An architectural repo should be an evolving knowledge graph [38:05]
I need to understand how this ADR is connected to, first, principles, connected to personas, connected to strengths, connected to other decisions that have been made, connected to, as so wonderfully started with, the capability, that… How will this impact the capability it’s part of? Fast package delivery, where does that fit into this? So, increasingly, I use tools like Notion that let me do views and data collections. I want to say knowledge graph. I want to say that an architectural repo should be an evolving knowledge graph, because that’s what it is. Architecture is building the knowledge graph for the flow of information around the system in the tech and in the people, because they’re the same thing.
But, I’m not single line coding a knowledge graph with edges and nodes. It gets too much. It’s not there for me yet. So to your point, it’s what we’re doing, but we’re not well-supported. People don’t know that they need that work. The tech isn’t enabling that work as well, and so that’s a real challenge that we face.
Thomas Betts: The tools hopefully will catch up, but we can start with the people, and change the behavior, and focus on that, and say, “Hey, you should start asking questions as opposed to just assuming all you know is going to get you to the answers you need to get to”.
Thomas Betts: I think that’s about all we have time for. Diana, it’s been a great conversation. I really appreciate you joining us today.
Diana Montalion: Yes, thank you. I love your questions. They’re awesome. I could answer them all day.
Thomas Betts: If people want to continue the conversation, where’s the best place if they wanted to reach out and connect with you?
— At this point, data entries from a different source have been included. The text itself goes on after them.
-- ===== src/Block/Request/Parse.antt =====
-- `parse_request` of src/block.rs on every chain.
use libvirtio.Base.{
  ℕ, ◌≡◌, ◌≢◌, inl, inr, refl, ap, subst, ◌∙◌, Bool, true, false, not, ◌||◌, ◌&&◌, List, [], ◌∷◌,
  map, All, length, arith, ltb, ◌==◌, Bool-cases, replicate,
}
use libvirtio.Base.Bytes.{from_le_bytes}
use libvirtio.Error.{DeviceError}
use libvirtio.Outcome.{
  Outcome, ok, err, reject_if, Decides, reject_if-Decides, >>=-Decides, Decides-iff,
}
use libvirtio.State.{continue_with, reader_cases}
use libvirtio.Dma.{DmaMemory, check_range}
use libvirtio.Dma.Segments.{IsDisjoint}
use libvirtio.Layout.Valid.{IsMappedRange}
use libvirtio.Lease.{Host, with_lease}
use libvirtio.Queue.{Descriptor, DescriptorChain, slice, read_bytes}
use libvirtio.Queue.Access.{
  Holds, read_bytes_sound, read_bytes_complete, read_bytes-Reads, read_bytes-IsSettled,
}
use libvirtio.Transfer.{is_writable}
use libvirtio.Buffers.{range_of}
use libvirtio.Block.{BlockRequestType, BlockRequest}
use libvirtio.Block.Request.{
  descriptor_range, copy_from_lease, request_type_of, payload_ranges, moves_data, inner,
  interpret_request, parse_request,
}
use libvirtio.Block.Request.Header.{header-read_bytes}
use libvirtio.Block.Request.Payload.{IsPayload, check_range-Decides, payload_ranges-Decides}
use libvirtio.Block.Request.Frame.{
  IsParsed, ParsesBlock, framed, length-framed, last_lem, inner_lem, snoc_cases, framed_eq, given,
  missing,
}

module _ (memory : DmaMemory) (v : IsDisjoint memory.segments) (head : ℕ) (h : Host) where
  abbrev chain_of : List Descriptor → DescriptorChain
  chain_of ds = record { head = head; descriptors = ds }

  too_short :
      (ds : List Descriptor)
      → ltb (length ds) 2 ≡ true
      → ParsesBlock memory (chain_of ds) h (parse_request memory (chain_of ds) h)
  unfolding parse_request continue_with
  too_short ds e = rw e (
    refl,
    λ r p.
        let long = length-framed p.header p.status p.payload in
        let same = ap length p.shape in ground (arith, e, long, same),
  )

  module _ (a s : Descriptor) (mid : List Descriptor) where
    abbrev chain : DescriptorChain
    chain = chain_of (framed a s mid)

    long : ltb (length (framed a s mid)) 2 ≡ false
    long = let e = length-framed a s mid in ground (arith, e)

    abbrev header_guard : Bool
    header_guard = is_writable a || not (a.length == 16)

    abbrev status_guard : Bool
    status_guard = not (is_writable s) || not (s.length == 1)

    header_rejected :
        header_guard ≡ true
        → parse_request memory chain h
          ≡ (err (DeviceError.descriptor "invalid block request header"), h)
    unfolding parse_request continue_with
    header_rejected e = rw (long, last_lem a s mid, e) refl

    status_rejected :
        header_guard ≡ false
        → status_guard ≡ true
        → parse_request memory chain h
          ≡ (err (DeviceError.descriptor "invalid block request status byte"), h)
    unfolding parse_request continue_with
    status_rejected e k = rw (long, last_lem a s mid, e, k) refl

    abbrev interpreted : List ℕ → Outcome BlockRequest
    interpreted bytes = interpret_request memory (framed a s mid) (range_of s) bytes

    accepted :
        header_guard ≡ false
        → status_guard ≡ false
        → parse_request memory chain h
          ≡ continue_with (read_bytes memory a.address 16 h) λ bytes w. (interpreted bytes, w)
    unfolding parse_request continue_with descriptor_range
    accepted e k =
        let nonempty : (a.length == 0) ≡ false = ground (arith, e) in
        let status_nonempty : (s.length == 0) ≡ false = ground (arith, k) in
        let sixteen : a.length ≡ 16 = ground (arith, e) in
        rw (long, last_lem a s mid, e, k, nonempty, status_nonempty)
          (ap (λ q. continue_with q (λ bytes w. (interpreted bytes, w)))
            (ap
                (λ n.
                  with_lease memory (record { gpa = a.address; length = n })
                    (copy_from_lease (replicate 16 0)) h)
                sixteen
              ∙ header-read_bytes memory a.address 16 h v))

    abbrev type_of : List ℕ → BlockRequestType
    type_of bytes = request_type_of (from_le_bytes (slice bytes 0 4))

    abbrev found : List ℕ → BlockRequest
    found bytes = record {
      request_type = type_of bytes;
      sector = from_le_bytes (slice bytes 8 16);
      payload = map range_of mid;
      status = range_of s;
    }

    abbrev HasPayload : List ℕ → Type 0
    HasPayload bytes =
        All (IsPayload memory (type_of bytes)) mid
        × (moves_data (type_of bytes) ≡ true → mid ≢ [])
        × IsMappedRange memory (range_of s)

    interpreted-Decides :
        (bytes : List ℕ) → Decides (HasPayload bytes) (found bytes) (interpreted bytes)
    unfolding interpret_request
    interpreted-Decides bytes =
        Decides-iff _ (λ (p, (q, (m, _))). (p, q, m)) (λ (p, q, m). (p, (q, (m, tt))))
          (>>=-Decides (payload_ranges memory (type_of bytes) (inner (framed a s mid))) _
            (rw (inner_lem a s mid) (payload_ranges-Decides memory v (type_of bytes) mid))
            λ _.
              >>=-Decides
                (reject_if (moves_data (type_of bytes) && length (map range_of mid) == 0) _) _
                (reject_if-Decides _ _ _ (given (moves_data (type_of bytes)) mid)
                  (missing (moves_data (type_of bytes)) mid))
                λ _.
                  >>=-Decides (check_range memory (range_of s)) _
                    (check_range-Decides memory v (range_of s)) λ _. inl (tt, refl))

    abbrev Shaped : Type 0
    Shaped = (is_writable a ≡ false) × (a.length ≡ 16) × (is_writable s ≡ true) × (s.length ≡ 1)

    shaped : header_guard ≡ false → status_guard ≡ false → Shaped
    shaped e k = (ground (arith, e), ground (arith, e), ground (arith, k), ground (arith, k))

    -- What a request that stands in this chain tells of its ends and its bytes.
    ends :
        (r : BlockRequest)
        → IsParsed memory chain h r
        → (header_guard ≡ false) × (status_guard ≡ false)
    ends r p =
        let (same_a, same_s, _) = framed_eq a s p.header p.status mid p.payload p.shape in
        let readable : is_writable a ≡ false = rw same_a p.header_readable in
        let sixteen : a.length ≡ 16 = rw same_a p.header_length in
        let writable : is_writable s ≡ true = rw same_s p.status_writable in
        let one : s.length ≡ 1 = rw same_s p.status_length in
        (ground (arith, readable, sixteen), ground (arith, writable, one))

    read_lem :
        (r : BlockRequest) (p : IsParsed memory chain h r)
        → (read_bytes memory a.address 16 h ≡ (ok p.bytes, h)) × HasPayload p.bytes
    read_lem r p =
        let (same_a, same_s, same_mid) = framed_eq a s p.header p.status mid p.payload p.shape in
        let holds : Holds memory h a.address p.bytes = rw same_a p.holds in
        let (below, there) = rw p.bytes_length at holds in
        (
          read_bytes_complete memory a.address 16 p.bytes h v p.live below there,
          (
            rw same_mid (subst (λ t. All (IsPayload memory t) p.payload) p.request_type p.all),
            rw same_mid
                (subst (λ t. moves_data t ≡ true → p.payload ≢ []) p.request_type p.some_payload),
            rw same_s p.status_mapped,
          ),
        )

    module _ (e : header_guard ≡ false) (k : status_guard ≡ false) where
      parsed :
          (bytes : List ℕ)
          → read_bytes memory a.address 16 h ≡ (ok bytes, h)
          → HasPayload bytes
          → IsParsed memory chain h (found bytes)
      parsed bytes read (all, some_payload, mapped) =
          let (readable, sixteen, writable, one) = shaped e k in
          let (live, size, holds) = read_bytes_sound memory a.address 16 h v read in
          record {
            live = live;
            header = a;
            payload = mid;
            status = s;
            shape = refl;
            header_readable = readable;
            header_length = sixteen;
            status_writable = writable;
            status_length = one;
            bytes = bytes;
            bytes_length = size;
            holds = holds;
            request_type = refl;
            sector = refl;
            ranges = refl;
            status_range = refl;
            all = all;
            some_payload = some_payload;
            status_mapped = mapped;
          }

      read_Parses :
          (bytes : List ℕ)
          → read_bytes memory a.address 16 h ≡ (ok bytes, h)
          → Decides (HasPayload bytes) (found bytes) (interpreted bytes)
          → ParsesBlock memory chain h (interpreted bytes, h)
      read_Parses bytes read (inl (has, i)) = rw i (refl, parsed bytes read has)
      read_Parses bytes read (inr (x, i, wrong)) = rw i (
        refl,
        λ r p.
            let (again, has) = read_lem r p in
            let same : bytes ≡ p.bytes = cc (read, again) in wrong (rw same has),
      )

      accepted_Parses :
          ParsesBlock memory chain h
            (continue_with (read_bytes memory a.address 16 h) (λ bytes w. (interpreted bytes, w)))
      unfolding continue_with
      accepted_Parses =
          elim (reader_cases (read_bytes memory a.address 16) h
            (λ w. (read_bytes-Reads memory a.address 16 w v).0)
            (read_bytes-IsSettled memory a.address 16 h v)) [
              | inl (bytes, q) ↦ rw q (read_Parses bytes q (interpreted-Decides bytes))
              | inr (x, q) ↦ rw q (refl, λ r p. let (again, _) = read_lem r p in cc)
            ]

    framed_Parses : ParsesBlock memory chain h (parse_request memory chain h)
    framed_Parses = elim (Bool-cases header_guard) [
      | inl e ↦ rw (header_rejected e) (refl, λ r p. let (good, _) = ends r p in cc)
      | inr e ↦ elim (Bool-cases status_guard) [
        | inl k ↦ rw (status_rejected e k) (refl, λ r p. let (_, good) = ends r p in cc)
        | inr k ↦ rw (accepted e k) (accepted_Parses e k)
      ]
    ]

  on_descriptors :
      (ds : List Descriptor)
      → ParsesBlock memory (chain_of ds) h (parse_request memory (chain_of ds) h)
  on_descriptors [] = too_short [] refl
  on_descriptors (a ∷ []) = too_short (a ∷ []) refl
  on_descriptors (a ∷ b ∷ ds) = let (mid, s, e) = snoc_cases b ds in rw e (framed_Parses a s mid)

-- `parse_request` of src/block.rs, over disjoint segments, neither panics nor runs on, and leaves
-- the host as it was. If it returns a request, that stands in the chain: the memory is not revoked,
-- the chain begins with a readable descriptor of 16 bytes and ends with a writable one of one byte,
-- which is mapped, the type and the sector are those that the 16 bytes encode, and the payload is
-- the ranges of the descriptors between, none of them empty, all mapped, all writable for a request
-- to read and readable for one to write, at least one for these two and none for a flush. If it
-- fails, no request stands in the chain.
pub parse_request-ParsesBlock :
    (memory : DmaMemory) (chain : DescriptorChain) (h : Host)
    → IsDisjoint memory.segments
    → ParsesBlock memory chain h (parse_request memory chain h)
parse_request-ParsesBlock memory chain h v = on_descriptors memory v chain.head h chain.descriptors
Diana Montalion: Fediverse on social media, and so Mastodon, Bluesky. LinkedIn is a good place, also mentrix.systems. It is an emerging community for people who want to re-architect systems and have these conversations. It’s still pretty nascent, but the good group of us, and over time, we’re going to continue to create space to have these conversations with each other, and learn to create knowledge flow.
Thomas Betts: Well, and I think that’s great to have the community, and so that’s why I’m going to say, listeners, thanks again for listening to this conversation. We hope you’ll join us again for a future episode of the InfoQ Podcast.